“Love & Mercy,” a film about the life, love, and musical genius of the Beach Boys' Brian Wilson, opens in theaters nationwide on Friday, June 5.
The film stars actors Paul Dano and John Cusack as a younger and older Wilson, respectively. We follow Wilson's struggles with mental illness, addiction, and the legacy of alcoholism and physical abuse he survived in his family. Elizabeth Banks plays Melinda Ledbetter, the former model who falls in love with Wilson and helps him escape from an abusive relationship with a controlling therapist, played by Paul Giamatti.
For Boing Boing, I spoke to John and Elizabeth (above) about Wilson's long-underappreciated musical genius, the healing power of love, and about living true to your creative imperative.
I also spoke to Paul Dano about how listening to Wilson's masterpieces “Pet Sounds” and “Smile” helped the actor inhabit the sensitive, vulnerable, genius mind of the younger Wilson, and tell the untold stories between the songs.
John Cusack is a longtime personal friend, and a friend of Boing Boing. I think he's one of the greatest living actors of our time, and he nails this role so hard. But I don't review my friends' films. So consider what I'm about to say not a review, but a heartfelt urging: go see this fucking amazing film.
Yes, this is a movie about Brian Wilson, one of the greatest popular musicians of the 20th and 21st centuries, and seeing him and his wife last night at the premiere after watching the untold story of their love absolutely blew my mind. Yes, “Love & Mercy” is an homage to the long-misunderstood genius of an artist whose fearless exploration of new psychedelic frontiers challenged the likes of John Lennon and Paul McCartney to try and catch up with him, through The Beatles.
The film is about all of this great American–-Southern Californian! Angeleno!—-rock music and pop culture history. But it's about something else, too.
It's about that moment in a life full of struggle when you wake up and realize you really are free. The moment when you can begin to recover and reclaim what is truly yours: the freedom to live one's own life, free from abuse, free from untreated illness, free from the belief that we have to solve our pain alone, or escape from it. The only way out is through, and we are the only ones who can find our way through, to the truth of what our life is meant to be. But it sure is nice to have a hand to hold on to as we walk that road.

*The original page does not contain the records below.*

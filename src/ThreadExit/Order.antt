-- ===== src/ThreadExit/Order.antt =====
-- The order of the functions at exit.
use contention_prof.Base.{
  arith, ℕ, ◌≡◌, refl, ap, ◌==◌, Bool, true, false, List, [], ◌∷◌, ◌++◌, some, if◌then◌else◌, inl,
  inr, Bool-cases,
}
use contention_prof.ThreadExit.{
  Pair, is_pair, add, skip_run, remove, run_all, thread_atexit, thread_atexit_cancel,
}

-- no pair of the list is the one asked for
abbrev pub lacks : ℕ → ℕ → List Pair → Bool
lacks fn arg [] = true
lacks fn arg (p ∷ l) = if is_pair fn arg p then false else lacks fn arg l

run_all-append : (l : List Pair) (p : Pair) → run_all (l ++ (p ∷ [])) ≡ p ∷ run_all l
unfolding run_all
run_all-append [] p = refl
run_all-append (q ∷ l) p = ap (λ r. r ++ (q ∷ [])) (run_all-append l p)

remove-add : (fn arg : ℕ) (l : List Pair) → lacks fn arg l ≡ true → remove fn arg (add fn arg l) ≡ l
unfolding remove add skip_run
remove-add fn arg [] h =
    let same : is_pair fn arg (record { fn = fn; arg = arg }) ≡ true = ground arith in rw same
remove-add fn arg (p ∷ l) h = elim (Bool-cases (is_pair fn arg p)) [
  | inl same ↦ absurd (ground arith)
  | inr other ↦
      let rest : lacks fn arg l ≡ true = ground arith in
      rw other (ap (λ r. p ∷ r) (remove-add fn arg l rest))
]

-- A function that is registered with an argument that it is not registered with yet runs before
-- those that the thread has already, and to cancel it leaves the helper as it was.
pub thread_atexit_lem :
    (fn arg : ℕ) (fns : List Pair)
    → (fn == 0) ≡ false
    → lacks fn arg fns ≡ true
    → let (done, h) = thread_atexit fn arg (some fns) in
      (done ≡ true)
      × (h ≡ some (add fn arg fns))
      × (run_all (add fn arg fns) ≡ record { fn = fn; arg = arg } ∷ run_all fns)
      × (thread_atexit_cancel fn arg h ≡ some fns)
unfolding thread_atexit thread_atexit_cancel add
thread_atexit_lem fn arg fns good new = rw good (
  refl,
  refl,
  run_all-append fns (record { fn = fn; arg = arg }),
  rw good (ap some (remove-add fn arg fns new)),
)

There's so much that's so amazing about this film. It includes some of the most vivid, effective, and terrifying portrayals of what it's like to experience a panic attack, a depressive episode, and violent physical abuse. The cinematography and direction are literally perfect.
The score by Atticus Ross is a reverential remix of individual strands of Wilson's musical thoughts. In the movie, sound plays such an important role in carrying the viewer through an invisible internal landscape. The cacaphony of echoing voices, the bursts of harmony, all merge to form the soundtrack of Wilson's thoughts. Here, sound helps us understand a mystery: maybe the neurological differences that led Wilson to various mental health disorder diagnoses are the very same differences that allow this amazing, magical music to come through his mind and into our world.
Our world is all the more beautiful because of the magic inside that mind.